To train the face model, you will need to run the following script:
python -m train.train_diffusion
--save_dir <path/to/save/dir>
--data_root <path/to/data/root>
--batch_size <bs>
--dataset social
--data_format face
--layers 8
--heads 8
--timestep_respacing ''
--max_seq_length 600
Importantly, a few of the flags are as follows:
--save_dir: path to directory where all outputs are stored
--data_root: path to the directory of where to load the data from
--dataset: name of dataset to load; right now we only support the 'social' dataset
--data_format: set to 'face' for the face, as opposed to pose
--timestep_respacing: set to '' which does the default spacing of 1k diffusion steps
--max_seq_length: the maximum number of frames for a given sequence to train on
👇 A full example for training on person PXB184
is:
python -m train.train_diffusion --save_dir checkpoints/diffusion/c1_face_test --data_root ./dataset/PXB184/ --batch_size 4 --dataset social --data_format face --layers 8 --heads 8 --timestep_respacing '' --max_seq_length 600
Training the body model is similar to the face model, but with the following additional parameters
python -m train.train_diffusion
--save_dir <path/to/save/dir>
--data_root <path/to/data/root>
--lambda_vel <num>
--batch_size <bs>
--dataset social
--add_frame_cond 1
--data_format pose
--layers 6
--heads 8
--timestep_respacing ''
--max_seq_length 600
The flags that differ from the face training are as follows:
--lambda_vel: additional auxilary loss for training with velocity
--add_frame_cond: set to '1' for 1 fps. if not specified, it will default to 30 fps.
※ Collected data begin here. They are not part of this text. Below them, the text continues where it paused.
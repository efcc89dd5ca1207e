-- ===== src/RateLimit/SlidingWindow/Wait.antt =====
-- What `After` answers beside `Take`.
use parapet.Prelude.{
  ℕ, ◌+◌, ◌-◌, ◌*◌, ◌/◌, ◌<◌, ◌≡◌, some, true, false, arith, Bool-cases, inl, inr,
}
use parapet.Prelude.Assoc
use parapet.GoFloat64.{Float64, IsRounded}
use parapet.RateLimit.SlidingWindow.{
  SlidingItem, SlidingWindow, size, roll, item_at, take, take_by, over, weighted_count, after_at,
  after,
}

boundary_ahead : (now width : ℕ) → 0 < width → 0 < (now / width + 1) * width - now
boundary_ahead now width pos = grind arith

module _ {K : Type 0} (dec : Discrete K) {F : Type 0} (fl : Float64 F) (rounds : IsRounded fl) where
  -- No wait is answered only where the comparison of `Take` lets the request in.
  after_at-over :
      (max prev curr width now : ℕ)
      → 0 < width
      → after_at fl max prev curr width now ≡ 0
      → over fl prev curr now width max ≡ false
  unfolding after_at over
  after_at-over max prev curr width now pos none_left =
      let one_more = fl.add (weighted_count fl prev curr now width) (fl.of_int 1) in
      elim (Bool-cases (fl.le one_more (fl.of_int max))) [
        | inl fits ↦ rounds.less_of_le one_more (fl.of_int max) fits
        | inr blocked ↦ absurd (ground (arith, boundary_ahead now width pos))
      ]

  -- If `After` answers 0 for a key that is known, a `Take` at the same reading of the clock is granted.
  pub after-take :
      (b : SlidingWindow K) (now : ℕ) (key : K) (t : SlidingItem)
      → Assoc.get dec key b.storage ≡ some t
      → after dec fl b now key ≡ 0
      → (take dec fl b now key).1 ≡ true
  unfolding after take_by item_at size
  after-take b now key t known none_left = ground (
    arith,
    known,
    none_left,
    after_at-over b.max (roll (now / size b) t).prev (roll (now / size b) t).curr (size b) now,
  )
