-- ===== src/Tests.antt =====
-- Runs of the models, and the theorems at concrete inputs.
pub mod FixedWindow
pub mod CircuitBreaker
pub mod Purge
pub mod Storage
pub mod Policy
pub mod Stale
pub mod Limiter
pub mod LeakyBucket
pub mod Tags
pub mod ConcurrentQueue
pub mod HealthCheck
pub mod Balancers
pub mod ProxyProtocol
pub mod Tee
pub mod Hedging
pub mod Host
pub mod Flight
pub mod Keys
pub mod SlidingWindow
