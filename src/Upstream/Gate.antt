-- ===== src/Upstream/Gate.antt =====
-- The gate of the active health check as every balancer of pkg/upstream reads it (`setHealthGate` and
-- `up`), and the round-robin index of `pick`.
use parapet.Prelude.{ℕ, ◌+◌, ◌%◌, ◌^◌, List, Option, none, some, Bool, true, get_elem?}

-- `none` while no health check is installed. An index past the gate counts as up.
unfoldable pub up : Option (List Bool) → ℕ → Bool
up none i = true
up (some gate) i = elim (get_elem? gate i) [ none ↦ true | some verdict ↦ verdict ]

-- Both `start` and `k` are uint32, and so is their sum.
abbrev pub index_at : ℕ → ℕ → ℕ → ℕ
index_at start k n = (start + k) % 2 ^ 32 % n
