-- ===== src/Upstream/CircuitBreaker/Word.antt =====
-- pkg/upstream/circuitbreaker.go, the packed word: gen<<24 | probes<<2 | state in a uint64.
use parapet.Prelude.{ℕ, ◌+◌, ◌-◌, ◌*◌, ◌/◌, ◌%◌, ◌^◌, ◌≤◌, ◌<◌, ◌≡◌, arith}

abbrev pub cb_closed : ℕ
cb_closed = 0

abbrev pub cb_open : ℕ
cb_open = 1

abbrev pub cb_half_open : ℕ
cb_half_open = 2

-- The increment unit of the probes field.
abbrev pub cb_probe_one : ℕ
cb_probe_one = 4

abbrev pub cb_max_probes : ℕ
cb_max_probes = 2 ^ 22 - 1

-- A uint32 counter's next value.
abbrev pub next32 : ℕ → ℕ
next32 n = (n + 1) % 2 ^ 32

-- The fields do not overlap while probes < 2^22 and state < 4, and there `|` is `+`.
unfoldable pub cb_pack : ℕ → ℕ → ℕ → ℕ
cb_pack gen probes state = gen * 2 ^ 24 + probes * 4 + state

-- The fields of a word: `uint32(v >> 24)`, `(v & mask) >> 2` and `v & 3`.
pub record Fields : Type 0 where
  pub gen : ℕ
  pub probes : ℕ
  pub state : ℕ

unfoldable pub cb_unpack : ℕ → Fields
cb_unpack v = record { gen = v / 2 ^ 24 % 2 ^ 32; probes = v / 4 % 2 ^ 22; state = v % 4 }

-- The word is a faithful record of its fields: packing fields that fit their widths and unpacking
-- gives them back, in a word of 56 bits.
pub unpack-pack :
    (gen probes state : ℕ)
    → gen < 2 ^ 32
    → probes ≤ cb_max_probes
    → state < 4
    → (cb_unpack (cb_pack gen probes state) ≡ record { gen = gen; probes = probes; state = state })
      × (cb_pack gen probes state < 2 ^ 56)
unfolding cb_unpack cb_pack
unpack-pack gen probes state g p s = (ground arith, omega arith)

-- A claim adds one probe and a release takes one off: the other fields stay.
pub unpack-claim :
    (v : ℕ)
    → (cb_unpack v).probes < cb_max_probes
    → cb_unpack (v + cb_probe_one) ≡ record (cb_unpack v) { probes = (cb_unpack v).probes + 1 }
unfolding cb_unpack
unpack-claim v h = ground arith

pub unpack-release :
    (v : ℕ)
    → 0 < (cb_unpack v).probes
    → cb_unpack (v - cb_probe_one) ≡ record (cb_unpack v) { probes = (cb_unpack v).probes - 1 }
unfolding cb_unpack
unpack-release v h = ground arith
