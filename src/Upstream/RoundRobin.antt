-- ===== src/Upstream/RoundRobin.antt =====
-- pkg/upstream/loadbalancer.go: the round-robin balancer, and the weight of a target.
use parapet.Prelude.{ℕ, zero, suc, ◌+◌, ◌%◌, List, Option, none, some, Bool, ◌==◌, if◌then◌else◌}
use parapet.GoInt64.{less}
use parapet.Upstream.Gate.{up, index_at}
use parapet.Upstream.CircuitBreaker.Word.{next32}
pub mod Rotation

-- `effectiveWeight`: the field `Weight` is an int64 word.
unfoldable pub effective_weight : ℕ → ℕ
effective_weight w = if less 0 w then w else 1

-- The scan of `RoundTrip`, with the rounds that are left.
unfoldable pub first_from : (ℕ → Bool) → ℕ → ℕ → ℕ → ℕ → Option ℕ
first_from eligible zero start k n = none
first_from eligible (suc rounds) start k n =
    let rest = first_from eligible rounds start (k + 1) n in
    let idx = index_at start k n in if eligible idx then some idx else rest

-- The scan with its fail-open default.
unfoldable pub pick_where : (ℕ → Bool) → ℕ → ℕ → ℕ
unfolding first_from
pick_where eligible start n = elim (first_from eligible n start 0 n) [
  | none ↦ start % n
  | some idx ↦ idx
]

pub record RoundRobin : Type 0 where
  pub cursor : ℕ
  pub gate : Option (List Bool)

-- `RoundTrip` over n targets, up to the round-trip: the new state, and the target, or `none` for
-- ErrUnavailable.
unfoldable pub choose : ℕ → RoundRobin → RoundRobin × Option ℕ
unfolding pick_where
choose n l =
    if n == 0
    then (l, none)
    else (record l { cursor = next32 l.cursor }, some (pick_where (up l.gate) l.cursor n))
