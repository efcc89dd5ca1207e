-- ===== src/Upstream/State.antt =====
-- pkg/upstream/state.go: what a balancer or a health check tells `OnStateChange` of a target, with the
-- label values. The host of an event is left out: each target keeps its own list of events.
use parapet.Prelude.{List, ℕ}
use parapet.GoStrings.{codes}

pub data State : Type 0 where
  state_closed state_open state_half_open : State

pub data Reason : Type 0 where
  trip reopen heal probe expire eject recover probe_down probe_recover : Reason

-- The zero value is `cause_none`.
pub data ProbeCause : Type 0 where
  cause_none cause_timeout cause_refused cause_reset cause_dns cause_tls cause_status cause_error :
      ProbeCause

pub record StateChange : Type 0 where
  pub from : State
  pub to : State
  pub reason : Reason
  pub cause : ProbeCause

-- `ProbeCause.String`.
unfoldable pub cause_string : ProbeCause → List ℕ
cause_string cause_none = codes "none"
cause_string cause_timeout = codes "timeout"
cause_string cause_refused = codes "refused"
cause_string cause_reset = codes "reset"
cause_string cause_dns = codes "dns"
cause_string cause_tls = codes "tls"
cause_string cause_status = codes "status"
cause_string cause_error = codes "error"

-- `Reason.String`.
unfoldable pub reason_string : Reason → List ℕ
reason_string trip = codes "trip"
reason_string reopen = codes "reopen"
reason_string heal = codes "heal"
reason_string probe = codes "probe"
reason_string expire = codes "expire"
reason_string eject = codes "eject"
reason_string recover = codes "recover"
reason_string probe_down = codes "probe_down"
reason_string probe_recover = codes "probe_recover"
--data_format: set to 'pose' for the body, as opposed to face
👇 A full example for training on person PXB184
is:
python -m train.train_diffusion --save_dir checkpoints/diffusion/c1_pose_test --data_root ./dataset/PXB184/ --lambda_vel 2.0 --batch_size 4 --dataset social --add_frame_cond 1 --data_format pose --layers 6 --heads 8 --timestep_respacing '' --max_seq_length 600
To train a vq encoder-decoder, you will need to run the following script:
python -m train.train_vq
--out_dir <path/to/out/dir>
--data_root <path/to/data/root>
--batch_size <bs>
--lr 1e-3
--code_dim 1024
--output_emb_width 64
--depth 4
--dataname social
--loss_vel 0.0
--add_frame_cond 1
--data_format pose
--max_seq_length 600
👇 For person PXB184
, it would be:
python -m train.train_vq --out_dir checkpoints/vq/c1_vq_test --data_root ./dataset/PXB184/ --lr 1e-3 --code_dim 1024 --output_emb_width 64 --depth 4 --dataname social --loss_vel 0.0 --data_format pose --batch_size 4 --add_frame_cond 1 --max_seq_length 600
Once you have the vq trained from 3) you can then pass it in to train the body guide pose transformer:
python -m train.train_guide
--out_dir <path/to/out/dir>
--data_root <path/to/data/root>
--batch_size <bs>
--resume_pth <path/to/vq/model>
--add_frame_cond 1
--layers 6
--lr 2e-4
--gn
--dim 64
👇 For person PXB184
, it would be:
python -m train.train_guide --out_dir checkpoints/guide/c1_trans_test --data_root ./dataset/PXB184/ --batch_size 4 --resume_pth checkpoints/vq/c1_vq_test/net_iter300000.pth --add_frame_cond 1 --layers 6 --lr 2e-4 --gn --dim 64
After training these 4 models, you can now follow the "Running the pretrained models" section to generate samples and visualize results.
You can also visualize the corresponding ground truth sequences by passing in the --render_gt
flag.
The code and dataset are released under CC-NC 4.0 International license.